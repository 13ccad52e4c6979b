-- ===== src/Text/Decimal.antt =====
-- Unsigned numbers as texts: `strconv.ParseUint(s, 10, 64)` and `strconv.FormatUint(n, 10)`.
use Prim.Native.Char.{code}
use Prim.Native.String.{String, ◌++◌ as text_append}
use text.Mathlib.TextLemmas.{nil-append, cons-append, append-ne-nil_of_right_ne-nil}
use mathlib.Core.Path.{fun_ext}
use csi_runtime.Base.{
  ℤ, pos, negsuc, ap, sym, ◌∙◌, ◌≢◌, Bool-cases, inl, inr, ℕ, zero, suc, ◌+◌, ◌-◌, ◌*◌, ◌/◌, ◌%◌,
  ◌^◌, ◌<◌, ◌≡◌, refl, ◌&&◌, Option, none, some, Result, ok, err, arith, ltb, leb, ◌==◌,
  if◌then◌else◌,
}
use csi_runtime.Rpc.{Error, other}

abbrev pub and_then : Option ℕ → (ℕ → Option ℕ) → Option ℕ
and_then none f = none
and_then (some n) f = f n

and_then_assoc :
    (o : Option ℕ) (f g : ℕ → Option ℕ)
    → and_then (and_then o f) g ≡ and_then o (λ d. and_then (f d) g)
and_then_assoc none f g = refl
and_then_assoc (some n) f g = refl

abbrev pub digit_value : ℕ → Option ℕ
digit_value c = if leb 48 c && leb c 57 then some (c - 48) else none

-- The value of the digits that follow a number; `none` at anything else.
unfoldable pub value_from : ℕ → String → Option ℕ
value_from acc String.[] = some acc
value_from acc (String.◌∷◌ c s) = and_then (digit_value (code c)) (λ d. value_from (acc * 10 + d) s)

abbrev pub check_range : Option ℕ → Result Error ℕ
check_range none = err (other "invalid syntax")
check_range (some n) = if ltb n (2 ^ 64) then ok n else err (other "value out of range")

-- `strconv.ParseUint(s, 10, 64)`; of the error only its kind is kept.
unfoldable pub parse_uint : String → Result Error ℕ
unfolding value_from
parse_uint String.[] = err (other "invalid syntax")
parse_uint (String.◌∷◌ c s) = check_range (value_from 0 (String.◌∷◌ c s))

abbrev digit : ℕ → String
digit d =
    if d == 0
    then "0"
    else if d == 1
    then "1"
    else if d == 2
    then "2"
    else if d == 3
    then "3"
    else if d == 4
    then "4"
    else if d == 5
    then "5"
    else if d == 6
    then "6"
    else if d == 7
    then "7"
    else if d == 8
    then "8"
    else "9"

-- The decimal digits of a number below `10 ^ fuel`.
unfoldable pub digits : ℕ → ℕ → String
digits zero n = ""
digits (suc fuel) n =
    let rest = digits fuel (n / 10) in
    if ltb n 10 then digit n else text_append rest (digit (n % 10))

-- `strconv.FormatUint(n, 10)` of a 64-bit number, which has at most twenty digits.
unfoldable pub format_uint : ℕ → String
unfolding digits
format_uint n = digits 20 n

value-append :
    (acc : ℕ) (s t : String)
    → value_from acc (text_append s t) ≡ and_then (value_from acc s) (λ n. value_from n t)
unfolding value_from
value-append acc String.[] t = ap (value_from acc) (nil-append t)
value-append acc (String.◌∷◌ c s) t =
    ap (value_from acc) (cons-append c s t)
    ∙ ap (and_then (digit_value (code c))) (fun_ext λ d. value-append (acc * 10 + d) s t)
    ∙ sym (and_then_assoc (digit_value (code c)) _ _)

digit_texts :
    (acc : ℕ)
    → (value_from acc "0" ≡ some (acc * 10 + 0))
      × (value_from acc "1" ≡ some (acc * 10 + 1))
      × (value_from acc "2" ≡ some (acc * 10 + 2))
      × (value_from acc "3" ≡ some (acc * 10 + 3))
      × (value_from acc "4" ≡ some (acc * 10 + 4))
      × (value_from acc "5" ≡ some (acc * 10 + 5))
      × (value_from acc "6" ≡ some (acc * 10 + 6))
      × (value_from acc "7" ≡ some (acc * 10 + 7))
      × (value_from acc "8" ≡ some (acc * 10 + 8))
      × (value_from acc "9" ≡ some (acc * 10 + 9))
unfolding value_from
digit_texts acc = (refl, refl, refl, refl, refl, refl, refl, refl, refl, refl)

value-digit : (acc d : ℕ) → d < 10 → value_from acc (digit d) ≡ some (acc * 10 + d)
value-digit acc d h = ground (arith, digit_texts acc)

digit-ne-nil : (d : ℕ) → d < 10 → digit d ≢ ""
unfolding value_from
digit-ne-nil d h e = ground (arith, value-digit 1 d h, ap (value_from 1) e)

value-nil : (acc : ℕ) → value_from acc "" ≡ some acc
unfolding value_from
value-nil acc = refl

value-digits : (fuel n : ℕ) → n < 10 ^ fuel → value_from 0 (digits fuel n) ≡ some n
unfolding digits
value-digits zero n h = ground (arith, value-nil 0)
value-digits (suc fuel) n h = elim (Bool-cases (ltb n 10)) [
  | inl small ↦ rw small (value-digit 0 n (ground arith) ∙ ap some (omega arith))
  | inr big ↦
      rw
        (
          big,
          value-append 0 (digits fuel (n / 10)) (digit (n % 10)),
          value-digits fuel (n / 10) (omega arith),
          value-digit (n / 10) (n % 10) (omega arith),
        )
        (ground arith)
]

digits-ne-nil : (fuel n : ℕ) → digits (suc fuel) n ≢ ""
unfolding digits
digits-ne-nil fuel n = elim (Bool-cases (ltb n 10)) [
  | inl small ↦ rw small (digit-ne-nil n (ground arith))
  | inr big ↦
      rw big
        (append-ne-nil_of_right_ne-nil (digits fuel (n / 10)) (digit-ne-nil (n % 10) (omega arith)))
]

parse_of_value :
    (s : String) (n : ℕ) → s ≢ "" → value_from 0 s ≡ some n → n < 2 ^ 64 → parse_uint s ≡ ok n
unfolding parse_uint
parse_of_value String.[] n ne e h = absurd (ne refl)
parse_of_value (String.◌∷◌ c s) n ne e h = rw e (ground arith)

-- The text of a 64-bit number parses as that number.
pub parse-format_uint : (n : ℕ) → n < 2 ^ 64 → parse_uint (format_uint n) ≡ ok n
unfolding format_uint
parse-format_uint n h =
    parse_of_value (digits 20 n) n (digits-ne-nil 19 n) (value-digits 20 n (omega arith)) h

-- `strconv.FormatInt(z, 10)` of a 64-bit number.
unfoldable pub format_int : ℤ → String
unfolding format_uint
format_int (pos n) = format_uint n
format_int (negsuc n) = text_append "-" (format_uint (n + 1))

-- The sign that `strconv.ParseInt` takes off, with the range of the numbers left.
abbrev signed_value : Result Error ℕ → Result Error ℤ
signed_value (err e) = err e
signed_value (ok n) = if ltb n (2 ^ 63) then ok (pos n) else err (other "value out of range")

abbrev negated_value : Result Error ℕ → Result Error ℤ
negated_value (err e) = err e
negated_value (ok zero) = ok (pos zero)
negated_value (ok (suc n)) =
    if ltb n (2 ^ 63) then ok (negsuc n) else err (other "value out of range")

-- `strconv.ParseInt(s, 10, 64)`; of the error only its kind is kept.
unfoldable pub parse_int : String → Result Error ℤ
unfolding parse_uint
parse_int String.[] = err (other "invalid syntax")
parse_int (String.◌∷◌ c s) =
    let unsigned = signed_value (parse_uint s) in
    if code c == 45
    then negated_value (parse_uint s)
    else if code c == 43
    then unsigned
    else signed_value (parse_uint (String.◌∷◌ c s))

WHAT THE TASK REQUIRES :: Scan the material above for the word "elim". Copy each line where it occurs.

EXERCISE RESULT ::
value-digits (suc fuel) n h = elim (Bool-cases (ltb n 10)) [
digits-ne-nil fuel n = elim (Bool-cases (ltb n 10)) [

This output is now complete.